▶ _PROBLEM DETAILS_: Transcribe the records below exactly as written, from the opening line through the line that contains "pub account_id : Option ℕ".

▶ _SOURCE DATA_:
+--
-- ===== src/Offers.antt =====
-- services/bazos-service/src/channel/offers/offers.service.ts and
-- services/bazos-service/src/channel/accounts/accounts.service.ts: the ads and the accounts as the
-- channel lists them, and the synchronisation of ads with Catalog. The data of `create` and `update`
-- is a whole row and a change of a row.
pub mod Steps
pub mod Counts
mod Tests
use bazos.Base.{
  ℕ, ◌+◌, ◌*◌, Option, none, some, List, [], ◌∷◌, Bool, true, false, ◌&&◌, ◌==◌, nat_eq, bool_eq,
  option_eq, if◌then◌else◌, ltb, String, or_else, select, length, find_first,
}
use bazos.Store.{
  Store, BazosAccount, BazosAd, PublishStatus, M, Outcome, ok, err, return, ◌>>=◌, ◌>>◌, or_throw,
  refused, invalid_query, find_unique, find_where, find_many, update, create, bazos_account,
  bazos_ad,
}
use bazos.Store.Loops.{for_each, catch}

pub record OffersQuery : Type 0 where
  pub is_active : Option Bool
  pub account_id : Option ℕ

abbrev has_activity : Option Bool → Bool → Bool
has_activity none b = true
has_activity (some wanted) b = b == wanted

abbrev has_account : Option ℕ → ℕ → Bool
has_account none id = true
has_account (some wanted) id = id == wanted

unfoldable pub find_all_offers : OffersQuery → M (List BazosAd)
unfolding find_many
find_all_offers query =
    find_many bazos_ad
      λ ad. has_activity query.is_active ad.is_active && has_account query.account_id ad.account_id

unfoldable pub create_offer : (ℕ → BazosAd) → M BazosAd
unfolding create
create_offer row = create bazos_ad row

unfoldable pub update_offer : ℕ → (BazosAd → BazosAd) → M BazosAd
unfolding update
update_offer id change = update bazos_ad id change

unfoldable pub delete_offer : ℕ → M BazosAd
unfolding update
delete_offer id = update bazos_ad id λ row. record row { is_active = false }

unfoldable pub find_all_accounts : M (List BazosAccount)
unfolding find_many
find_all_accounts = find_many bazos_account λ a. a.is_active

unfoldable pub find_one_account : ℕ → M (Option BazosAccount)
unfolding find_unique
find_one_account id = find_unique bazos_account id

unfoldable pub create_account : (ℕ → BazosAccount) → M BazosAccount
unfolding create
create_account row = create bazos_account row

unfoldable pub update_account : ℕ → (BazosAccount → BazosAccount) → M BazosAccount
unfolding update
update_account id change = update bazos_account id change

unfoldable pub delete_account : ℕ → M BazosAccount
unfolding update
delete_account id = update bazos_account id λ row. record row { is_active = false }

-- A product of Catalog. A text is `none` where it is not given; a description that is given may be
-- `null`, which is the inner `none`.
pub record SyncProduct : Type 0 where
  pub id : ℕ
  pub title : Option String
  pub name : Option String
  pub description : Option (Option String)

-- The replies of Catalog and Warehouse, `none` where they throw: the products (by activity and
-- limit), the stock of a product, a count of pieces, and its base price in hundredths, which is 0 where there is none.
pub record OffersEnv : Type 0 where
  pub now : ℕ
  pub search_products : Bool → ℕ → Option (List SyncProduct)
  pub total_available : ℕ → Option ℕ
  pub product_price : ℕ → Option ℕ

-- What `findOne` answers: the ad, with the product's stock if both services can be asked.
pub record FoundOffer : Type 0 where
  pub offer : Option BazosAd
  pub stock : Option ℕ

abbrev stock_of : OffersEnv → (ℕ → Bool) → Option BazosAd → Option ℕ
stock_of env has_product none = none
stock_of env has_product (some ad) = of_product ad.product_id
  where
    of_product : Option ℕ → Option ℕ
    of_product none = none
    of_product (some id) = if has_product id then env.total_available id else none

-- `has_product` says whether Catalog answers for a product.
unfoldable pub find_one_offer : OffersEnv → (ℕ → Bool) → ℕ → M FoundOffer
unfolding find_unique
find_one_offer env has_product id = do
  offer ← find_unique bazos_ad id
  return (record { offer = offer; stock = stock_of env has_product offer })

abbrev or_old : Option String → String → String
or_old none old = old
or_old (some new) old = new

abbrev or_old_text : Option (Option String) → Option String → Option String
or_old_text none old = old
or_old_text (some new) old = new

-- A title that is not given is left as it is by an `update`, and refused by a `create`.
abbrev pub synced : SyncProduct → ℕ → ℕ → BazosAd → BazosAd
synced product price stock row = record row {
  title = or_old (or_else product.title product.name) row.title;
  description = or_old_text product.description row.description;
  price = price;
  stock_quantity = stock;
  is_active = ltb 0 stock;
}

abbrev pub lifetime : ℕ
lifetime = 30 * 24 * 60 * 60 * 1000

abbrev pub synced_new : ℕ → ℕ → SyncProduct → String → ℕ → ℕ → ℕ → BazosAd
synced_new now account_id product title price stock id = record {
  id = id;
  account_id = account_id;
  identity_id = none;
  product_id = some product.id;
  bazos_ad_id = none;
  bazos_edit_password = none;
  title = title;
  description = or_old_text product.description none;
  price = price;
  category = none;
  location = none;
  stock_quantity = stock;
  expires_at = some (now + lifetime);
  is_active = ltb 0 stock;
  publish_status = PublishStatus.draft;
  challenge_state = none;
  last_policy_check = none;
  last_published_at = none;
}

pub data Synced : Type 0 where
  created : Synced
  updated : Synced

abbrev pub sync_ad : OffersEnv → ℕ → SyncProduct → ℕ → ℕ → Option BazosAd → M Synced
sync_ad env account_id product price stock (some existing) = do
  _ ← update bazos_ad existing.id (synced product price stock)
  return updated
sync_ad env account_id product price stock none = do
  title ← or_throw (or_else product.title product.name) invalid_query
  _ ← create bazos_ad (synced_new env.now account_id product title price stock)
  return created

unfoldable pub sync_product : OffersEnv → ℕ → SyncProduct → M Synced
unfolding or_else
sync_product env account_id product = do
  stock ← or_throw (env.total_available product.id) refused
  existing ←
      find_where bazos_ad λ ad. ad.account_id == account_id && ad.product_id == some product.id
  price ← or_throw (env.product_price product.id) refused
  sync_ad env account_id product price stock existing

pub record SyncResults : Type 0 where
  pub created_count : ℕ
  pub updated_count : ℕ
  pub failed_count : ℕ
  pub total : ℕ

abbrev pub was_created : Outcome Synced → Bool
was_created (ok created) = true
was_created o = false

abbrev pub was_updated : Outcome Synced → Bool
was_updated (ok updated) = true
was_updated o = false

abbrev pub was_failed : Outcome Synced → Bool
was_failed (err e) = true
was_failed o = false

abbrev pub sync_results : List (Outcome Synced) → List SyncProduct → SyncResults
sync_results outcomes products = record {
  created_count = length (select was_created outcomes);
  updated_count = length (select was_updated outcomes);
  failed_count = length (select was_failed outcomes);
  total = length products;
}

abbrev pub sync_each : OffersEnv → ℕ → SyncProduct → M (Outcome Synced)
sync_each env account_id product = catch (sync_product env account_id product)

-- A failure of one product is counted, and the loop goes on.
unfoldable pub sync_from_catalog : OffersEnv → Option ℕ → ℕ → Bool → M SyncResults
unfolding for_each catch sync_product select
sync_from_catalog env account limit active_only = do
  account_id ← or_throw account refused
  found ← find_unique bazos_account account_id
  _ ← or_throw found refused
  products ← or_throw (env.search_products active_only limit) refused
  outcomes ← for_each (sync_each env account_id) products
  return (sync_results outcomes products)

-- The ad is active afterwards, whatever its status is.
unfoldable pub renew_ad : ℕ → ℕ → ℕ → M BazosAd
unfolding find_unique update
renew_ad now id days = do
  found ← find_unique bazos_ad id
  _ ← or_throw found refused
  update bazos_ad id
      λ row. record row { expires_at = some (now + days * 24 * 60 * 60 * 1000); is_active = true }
+--
▶ _ANSWER FOR THE TASK_:
-- ===== src/Offers.antt =====
-- services/bazos-service/src/channel/offers/offers.service.ts and
-- services/bazos-service/src/channel/accounts/accounts.service.ts: the ads and the accounts as the
-- channel lists them, and the synchronisation of ads with Catalog. The data of `create` and `update`
-- is a whole row and a change of a row.
pub mod Steps
pub mod Counts
mod Tests
use bazos.Base.{
  ℕ, ◌+◌, ◌*◌, Option, none, some, List, [], ◌∷◌, Bool, true, false, ◌&&◌, ◌==◌, nat_eq, bool_eq,
  option_eq, if◌then◌else◌, ltb, String, or_else, select, length, find_first,
}
use bazos.Store.{
  Store, BazosAccount, BazosAd, PublishStatus, M, Outcome, ok, err, return, ◌>>=◌, ◌>>◌, or_throw,
  refused, invalid_query, find_unique, find_where, find_many, update, create, bazos_account,
  bazos_ad,
}
use bazos.Store.Loops.{for_each, catch}

pub record OffersQuery : Type 0 where
  pub is_active : Option Bool
  pub account_id : Option ℕ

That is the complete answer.